Word for word, restate the lines from the start of the data down to the line with "AreApart-sym r s (inl h) = inr h", both included.

........

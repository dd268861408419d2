-- ===== src/Storage/SlottedPage/Validate/Ranges.antt =====
-- The ranges that lie apart from one another: sorting and the test of neighbours decide it.
use mo_db.Prelude.{
  ℕ, ◌≤◌, ◌<◌, ◌≡◌, ◌⊎◌, ◌↔◌, inl, inr, refl, arith, Bool, true, false, ◌||◌, List, [], ◌∷◌, ltb,
  ltb-false, ltb-false→le, Bool-cases, All,
}
use mo_db.Storage.SlottedPage.Validate.{
  Range, range_less, insert_range, sort, overlap, check_ranges,
}
use mo_db.Error.{Result, ok, err, corrupt_page}

abbrev pub AreApart : Range → Range → Type 0
AreApart r s = (r.1 ≤ s.0) ⊎ (s.1 ≤ r.0)

AreApart-sym : (r s : Range) → AreApart r s → AreApart s r
AreApart-sym r s (inl h) = inr h
AreApart-sym r s (inr h) = inl h

abbrev pub IsPairwise : List Range → Type 0
IsPairwise [] = Unit
IsPairwise (r ∷ rs) = All (AreApart r) rs × IsPairwise rs

-- A range has an end behind its offset.
abbrev pub IsRange : Range → Type 0
IsRange r = r.0 < r.1

-- Sorted by the offset.
abbrev IsSorted : List Range → Type 0
IsSorted [] = Unit
IsSorted (r ∷ rs) = All (λ (s : Range). r.0 ≤ s.0) rs × IsSorted rs

module _ (P : Range → Type 0) where
  insert_range-All : (r : Range) (rs : List Range) → P r → All P rs → All P (insert_range r rs)
  unfolding insert_range
  insert_range-All r [] h k = (h, tt)
  insert_range-All r (s ∷ ss) h (k, ks) = elim (Bool-cases (range_less s r)) [
    | inl less ↦ rw less (k, insert_range-All r ss h ks)
    | inr other ↦ rw other (h, (k, ks))
  ]

  from_insert_range : (r : Range) (rs : List Range) → All P (insert_range r rs) → P r × All P rs
  unfolding insert_range
  from_insert_range r [] h = h
  from_insert_range r (s ∷ ss) h = elim (Bool-cases (range_less s r)) [
    | inl less ↦
        let (k, rest) = rw less at h in let (a, b) = from_insert_range r ss rest in (a, (k, b))
    | inr other ↦ rw other at h
  ]

  pub sort-All : (rs : List Range) → All P rs → All P (sort rs)
  unfolding sort
  sort-All [] h = tt
  sort-All (r ∷ rs) (h, k) = insert_range-All r (sort rs) h (sort-All rs k)

insert_range-IsPairwise :
    (r : Range) (rs : List Range)
    → All (AreApart r) rs
    → IsPairwise rs
    → IsPairwise (insert_range r rs)
unfolding insert_range
insert_range-IsPairwise r [] h k = (tt, tt)
insert_range-IsPairwise r (s ∷ ss) (h, hs) (k, ks) = elim (Bool-cases (range_less s r)) [
  | inl less ↦ rw less (
    insert_range-All (AreApart s) r ss (AreApart-sym r s h) k,
    insert_range-IsPairwise r ss hs ks,
  )
  | inr other ↦ rw other ((h, hs), (k, ks))
]

from_insert-IsPairwise :
    (r : Range) (rs : List Range)
    → IsPairwise (insert_range r rs)
    → All (AreApart r) rs × IsPairwise rs
unfolding insert_range
from_insert-IsPairwise r [] h = (tt, tt)
from_insert-IsPairwise r (s ∷ ss) h = elim (Bool-cases (range_less s r)) [
  | inl less ↦
      let (k, rest) = rw less at h in
      let (a, b) = from_insert_range (AreApart s) r ss k in
      let (c, d) = from_insert-IsPairwise r ss rest in ((AreApart-sym s r a, c), (b, d))
  | inr other ↦ rw other at h
]

pub sort-IsPairwise : (rs : List Range) → IsPairwise rs → IsPairwise (sort rs)
unfolding sort
sort-IsPairwise [] h = tt
sort-IsPairwise (r ∷ rs) (h, k) =
    insert_range-IsPairwise r (sort rs) (sort-All (AreApart r) rs h) (sort-IsPairwise rs k)

from_sort-All : (P : Range → Type 0) (rs : List Range) → All P (sort rs) → All P rs
unfolding sort
from_sort-All P [] h = tt
from_sort-All P (r ∷ rs) h =
    let (a, b) = from_insert_range P r (sort rs) h in (a, from_sort-All P rs b)

from_sort-IsPairwise : (rs : List Range) → IsPairwise (sort rs) → IsPairwise rs
unfolding sort
from_sort-IsPairwise [] h = tt
from_sort-IsPairwise (r ∷ rs) h =
    let (a, b) = from_insert-IsPairwise r (sort rs) h in
    (from_sort-All (AreApart r) rs a, from_sort-IsPairwise rs b)

less_le : (r s : Range) → range_less s r ≡ true → s.0 ≤ r.0
less_le (a, b) (c, d) h = ground arith

other_le : (r s : Range) → range_less s r ≡ false → r.0 ≤ s.0
other_le (a, b) (c, d) h = ground arith

All-le :
    (a b : ℕ) (rs : List Range)
    → a ≤ b
    → All (λ (s : Range). b ≤ s.0) rs
    → All (λ (s : Range). a ≤ s.0) rs
All-le a b [] h k = tt
All-le a b (r ∷ rs) h (k, ks) = (omega arith, All-le a b rs h ks)

insert_range-IsSorted : (r : Range) (rs : List Range) → IsSorted rs → IsSorted (insert_range r rs)
unfolding insert_range
insert_range-IsSorted r [] h = (tt, tt)
insert_range-IsSorted r (s ∷ ss) (h, hs) = elim (Bool-cases (range_less s r)) [
  | inl less ↦ rw less (
    insert_range-All (λ (t : Range). s.0 ≤ t.0) r ss (less_le r s less) h,
    insert_range-IsSorted r ss hs,
  )
  | inr other ↦
      let e : r.0 ≤ s.0 = other_le r s other in rw other ((e, All-le r.0 s.0 ss e h), (h, hs))
]

sort-IsSorted : (rs : List Range) → IsSorted (sort rs)
unfolding sort
sort-IsSorted [] = tt
sort-IsSorted (r ∷ rs) = insert_range-IsSorted r (sort rs) (sort-IsSorted rs)

-- On sorted ranges the test of neighbours is enough.
apart_of : (r : Range) (rs : List Range) → All (λ (s : Range). r.1 ≤ s.0) rs → All (AreApart r) rs
apart_of r [] h = tt
apart_of r (s ∷ ss) (h, hs) = (inl h, apart_of r ss hs)

or_false : (a b : Bool) → (a || b) ≡ false → (a ≡ false) × (b ≡ false)
or_false false false h = (refl, refl)
or_false false true h = cc
or_false true b h = cc

behind :
    (r : Range) (rs : List Range)
    → All IsRange (r ∷ rs)
    → overlap (r ∷ rs) ≡ false
    → All (λ (s : Range). r.1 ≤ s.0) rs × IsPairwise rs
unfolding overlap
behind r [] h o = (tt, tt)
behind r (s ∷ ss) (h, (k, ks)) o =
    let (near, far) = or_false (ltb s.0 r.1) (overlap (s ∷ ss)) o in
    let (b, rest) = behind s ss (k, ks) far in
    let e : r.1 ≤ s.0 = ltb-false→le s.0 r.1 near in
    ((e, All-le r.1 s.1 ss (omega (arith, e, k)) b), (apart_of s ss b, rest))

no_overlap : (rs : List Range) → All IsRange rs → IsSorted rs → IsPairwise rs → overlap rs ≡ false
unfolding overlap
no_overlap [] h s w = refl
no_overlap (r ∷ []) h s w = refl
no_overlap (r ∷ t ∷ ts) (h, (k, ks)) ((a, later), s) ((b, others), w) =
    rw (ltb-false t.0 r.1 (from_AreApart b)) (no_overlap (t ∷ ts) (k, ks) s w)
  where
    from_AreApart : AreApart r t → r.1 ≤ t.0
    from_AreApart (inl e) = e
    from_AreApart (inr e) = absurd (omega (arith, h, k, a, e))

split_overlap : (rs : List Range) → All IsRange rs → overlap rs ≡ false → IsPairwise rs
split_overlap [] h o = tt
split_overlap (r ∷ rs) h o = let (b, rest) = behind r rs h o in (apart_of r rs b, rest)

-- `check_ranges` decides whether all ranges lie apart from one another.
pub check_ranges_iff :
    (rs : List Range) → All IsRange rs → (check_ranges rs ≡ ok tt) ↔ IsPairwise rs
unfolding check_ranges
check_ranges_iff rs h = (
  λ e. from_sort-IsPairwise rs (
      split_overlap (sort rs) (sort-All IsRange rs h) (elim (Bool-cases (overlap (sort rs))) [
        | inl bad ↦ absurd (err-ne (rw bad at e))
        | inr good ↦ good
      ])),
  λ w.
      rw (no_overlap (sort rs) (sort-All IsRange rs h) (sort-IsSorted rs) (sort-IsPairwise rs w))
        refl,
)
  where
    err-ne : Path (Result (Unit {0})) (err corrupt_page) (ok tt) → ⊥
    err-ne q = cc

........

▸ **Result of this exercise**:
repository dd268861408419d2
-- ===== src/Storage/SlottedPage/Validate/Ranges.antt =====
-- The ranges that lie apart from one another: sorting and the test of neighbours decide it.
use mo_db.Prelude.{
  ℕ, ◌≤◌, ◌<◌, ◌≡◌, ◌⊎◌, ◌↔◌, inl, inr, refl, arith, Bool, true, false, ◌||◌, List, [], ◌∷◌, ltb,
  ltb-false, ltb-false→le, Bool-cases, All,
}
use mo_db.Storage.SlottedPage.Validate.{
  Range, range_less, insert_range, sort, overlap, check_ranges,
}
use mo_db.Error.{Result, ok, err, corrupt_page}

abbrev pub AreApart : Range → Range → Type 0
AreApart r s = (r.1 ≤ s.0) ⊎ (s.1 ≤ r.0)

AreApart-sym : (r s : Range) → AreApart r s → AreApart s r
AreApart-sym r s (inl h) = inr h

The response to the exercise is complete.